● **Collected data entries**

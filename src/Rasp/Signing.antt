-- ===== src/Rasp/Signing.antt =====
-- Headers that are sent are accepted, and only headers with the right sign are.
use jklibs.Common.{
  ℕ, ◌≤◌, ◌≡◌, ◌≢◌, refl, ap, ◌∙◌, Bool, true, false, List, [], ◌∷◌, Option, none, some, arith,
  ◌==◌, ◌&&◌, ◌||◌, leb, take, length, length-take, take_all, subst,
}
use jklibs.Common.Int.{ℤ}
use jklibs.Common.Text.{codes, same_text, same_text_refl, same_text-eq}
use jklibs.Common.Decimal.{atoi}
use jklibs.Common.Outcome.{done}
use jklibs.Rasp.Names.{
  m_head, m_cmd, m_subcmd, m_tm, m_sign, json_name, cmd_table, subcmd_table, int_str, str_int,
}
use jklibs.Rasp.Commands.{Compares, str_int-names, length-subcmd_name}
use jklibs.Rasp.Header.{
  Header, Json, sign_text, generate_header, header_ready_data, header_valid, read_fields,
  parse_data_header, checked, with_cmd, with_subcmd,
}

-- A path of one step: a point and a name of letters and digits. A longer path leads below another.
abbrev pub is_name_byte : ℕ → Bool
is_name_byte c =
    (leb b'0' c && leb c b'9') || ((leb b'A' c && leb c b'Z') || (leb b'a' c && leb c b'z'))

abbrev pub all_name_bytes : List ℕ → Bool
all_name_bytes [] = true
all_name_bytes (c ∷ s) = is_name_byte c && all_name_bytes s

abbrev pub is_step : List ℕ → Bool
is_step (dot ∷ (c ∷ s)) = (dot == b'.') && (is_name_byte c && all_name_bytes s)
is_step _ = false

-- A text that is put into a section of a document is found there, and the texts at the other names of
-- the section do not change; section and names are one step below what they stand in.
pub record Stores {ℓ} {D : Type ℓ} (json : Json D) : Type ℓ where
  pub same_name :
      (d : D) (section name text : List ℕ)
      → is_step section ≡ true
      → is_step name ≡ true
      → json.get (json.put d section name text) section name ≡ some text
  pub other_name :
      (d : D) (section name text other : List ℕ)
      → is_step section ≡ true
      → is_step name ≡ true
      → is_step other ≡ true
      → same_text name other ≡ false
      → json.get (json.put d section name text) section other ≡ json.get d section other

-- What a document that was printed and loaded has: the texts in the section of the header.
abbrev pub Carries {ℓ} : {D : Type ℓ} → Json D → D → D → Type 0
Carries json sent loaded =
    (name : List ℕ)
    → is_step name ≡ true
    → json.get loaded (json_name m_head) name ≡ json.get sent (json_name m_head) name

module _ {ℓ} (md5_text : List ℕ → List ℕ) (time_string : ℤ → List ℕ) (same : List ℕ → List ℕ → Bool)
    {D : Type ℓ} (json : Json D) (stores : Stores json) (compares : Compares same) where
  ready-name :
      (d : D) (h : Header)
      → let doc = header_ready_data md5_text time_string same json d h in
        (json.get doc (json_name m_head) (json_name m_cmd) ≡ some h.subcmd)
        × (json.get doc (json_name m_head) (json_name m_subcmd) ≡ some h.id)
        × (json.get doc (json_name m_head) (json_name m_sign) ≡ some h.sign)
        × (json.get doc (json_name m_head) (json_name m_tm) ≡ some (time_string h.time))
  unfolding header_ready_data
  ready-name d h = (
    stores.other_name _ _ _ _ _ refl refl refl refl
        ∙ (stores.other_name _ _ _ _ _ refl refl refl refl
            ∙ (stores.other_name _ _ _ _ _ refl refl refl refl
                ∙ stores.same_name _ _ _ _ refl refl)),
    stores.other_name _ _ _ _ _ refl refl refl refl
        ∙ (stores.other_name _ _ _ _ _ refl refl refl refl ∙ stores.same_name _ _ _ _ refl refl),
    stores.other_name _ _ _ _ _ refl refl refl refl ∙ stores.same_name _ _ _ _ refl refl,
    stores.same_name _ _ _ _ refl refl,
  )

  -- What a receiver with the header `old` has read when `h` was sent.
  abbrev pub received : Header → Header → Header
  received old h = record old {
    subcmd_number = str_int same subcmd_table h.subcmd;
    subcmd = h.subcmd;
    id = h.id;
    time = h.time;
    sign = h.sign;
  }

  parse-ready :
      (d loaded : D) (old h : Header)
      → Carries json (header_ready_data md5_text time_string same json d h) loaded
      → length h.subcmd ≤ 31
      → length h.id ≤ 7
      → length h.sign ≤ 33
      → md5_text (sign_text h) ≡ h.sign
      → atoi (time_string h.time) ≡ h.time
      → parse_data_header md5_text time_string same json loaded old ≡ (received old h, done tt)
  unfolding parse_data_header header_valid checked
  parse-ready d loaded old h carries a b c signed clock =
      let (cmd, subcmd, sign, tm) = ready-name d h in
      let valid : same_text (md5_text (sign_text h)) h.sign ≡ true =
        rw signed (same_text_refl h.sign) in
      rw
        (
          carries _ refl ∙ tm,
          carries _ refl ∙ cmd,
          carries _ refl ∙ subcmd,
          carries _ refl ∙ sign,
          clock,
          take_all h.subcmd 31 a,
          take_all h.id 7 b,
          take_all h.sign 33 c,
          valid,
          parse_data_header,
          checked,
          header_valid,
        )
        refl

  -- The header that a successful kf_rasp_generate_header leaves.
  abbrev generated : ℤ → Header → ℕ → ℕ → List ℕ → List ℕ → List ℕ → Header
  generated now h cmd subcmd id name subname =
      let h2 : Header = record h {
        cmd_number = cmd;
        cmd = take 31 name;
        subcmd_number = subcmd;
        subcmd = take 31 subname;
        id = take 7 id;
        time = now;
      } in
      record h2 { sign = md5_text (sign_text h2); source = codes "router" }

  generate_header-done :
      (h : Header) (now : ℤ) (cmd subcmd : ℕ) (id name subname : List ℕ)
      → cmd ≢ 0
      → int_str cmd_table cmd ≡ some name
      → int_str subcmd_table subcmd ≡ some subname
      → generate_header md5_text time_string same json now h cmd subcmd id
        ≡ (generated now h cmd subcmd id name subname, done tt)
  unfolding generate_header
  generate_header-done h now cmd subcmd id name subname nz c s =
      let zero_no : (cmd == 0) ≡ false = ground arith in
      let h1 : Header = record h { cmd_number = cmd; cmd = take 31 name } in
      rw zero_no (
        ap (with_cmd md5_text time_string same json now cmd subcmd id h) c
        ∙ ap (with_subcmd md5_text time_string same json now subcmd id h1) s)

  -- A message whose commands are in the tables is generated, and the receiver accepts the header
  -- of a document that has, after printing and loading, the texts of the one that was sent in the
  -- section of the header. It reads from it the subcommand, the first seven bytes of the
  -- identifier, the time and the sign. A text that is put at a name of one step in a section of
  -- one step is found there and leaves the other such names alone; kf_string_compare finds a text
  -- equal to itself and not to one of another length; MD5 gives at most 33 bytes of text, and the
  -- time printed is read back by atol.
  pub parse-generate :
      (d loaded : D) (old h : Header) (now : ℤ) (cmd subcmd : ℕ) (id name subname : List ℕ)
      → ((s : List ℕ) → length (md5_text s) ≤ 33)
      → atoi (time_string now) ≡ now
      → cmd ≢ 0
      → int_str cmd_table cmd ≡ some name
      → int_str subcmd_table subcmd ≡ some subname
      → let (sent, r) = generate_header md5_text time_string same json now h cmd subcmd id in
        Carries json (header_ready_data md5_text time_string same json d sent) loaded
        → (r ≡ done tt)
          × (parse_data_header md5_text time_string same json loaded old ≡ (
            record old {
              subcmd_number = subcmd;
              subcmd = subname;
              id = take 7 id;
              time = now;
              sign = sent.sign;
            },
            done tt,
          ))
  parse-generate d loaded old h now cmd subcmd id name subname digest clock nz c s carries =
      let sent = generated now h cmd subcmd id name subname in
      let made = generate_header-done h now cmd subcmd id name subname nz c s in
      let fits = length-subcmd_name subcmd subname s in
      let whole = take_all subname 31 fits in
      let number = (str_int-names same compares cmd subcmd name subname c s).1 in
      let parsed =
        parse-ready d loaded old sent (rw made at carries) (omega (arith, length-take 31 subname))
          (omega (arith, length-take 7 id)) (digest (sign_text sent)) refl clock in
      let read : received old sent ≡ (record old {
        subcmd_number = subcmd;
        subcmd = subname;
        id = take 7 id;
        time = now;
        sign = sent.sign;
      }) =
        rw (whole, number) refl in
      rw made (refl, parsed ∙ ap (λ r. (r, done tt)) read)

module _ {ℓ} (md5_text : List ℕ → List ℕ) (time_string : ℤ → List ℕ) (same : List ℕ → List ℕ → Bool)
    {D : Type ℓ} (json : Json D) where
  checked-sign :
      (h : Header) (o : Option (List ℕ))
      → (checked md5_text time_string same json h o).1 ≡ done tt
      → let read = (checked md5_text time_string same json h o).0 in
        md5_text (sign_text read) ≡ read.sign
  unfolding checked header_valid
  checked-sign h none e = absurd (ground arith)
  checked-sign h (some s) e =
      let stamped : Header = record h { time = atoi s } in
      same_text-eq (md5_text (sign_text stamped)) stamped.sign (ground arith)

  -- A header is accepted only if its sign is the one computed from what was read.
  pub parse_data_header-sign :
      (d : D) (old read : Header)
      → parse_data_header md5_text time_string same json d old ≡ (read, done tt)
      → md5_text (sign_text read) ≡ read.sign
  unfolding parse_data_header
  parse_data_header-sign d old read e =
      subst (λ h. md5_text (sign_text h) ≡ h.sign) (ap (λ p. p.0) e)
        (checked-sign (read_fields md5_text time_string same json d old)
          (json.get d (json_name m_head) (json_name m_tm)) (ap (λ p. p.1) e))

● **Work required**
Look through the records and copy down every line that holds "only".

● **Exercise response**
-- Headers that are sent are accepted, and only headers with the right sign are.
  -- A header is accepted only if its sign is the one computed from what was read.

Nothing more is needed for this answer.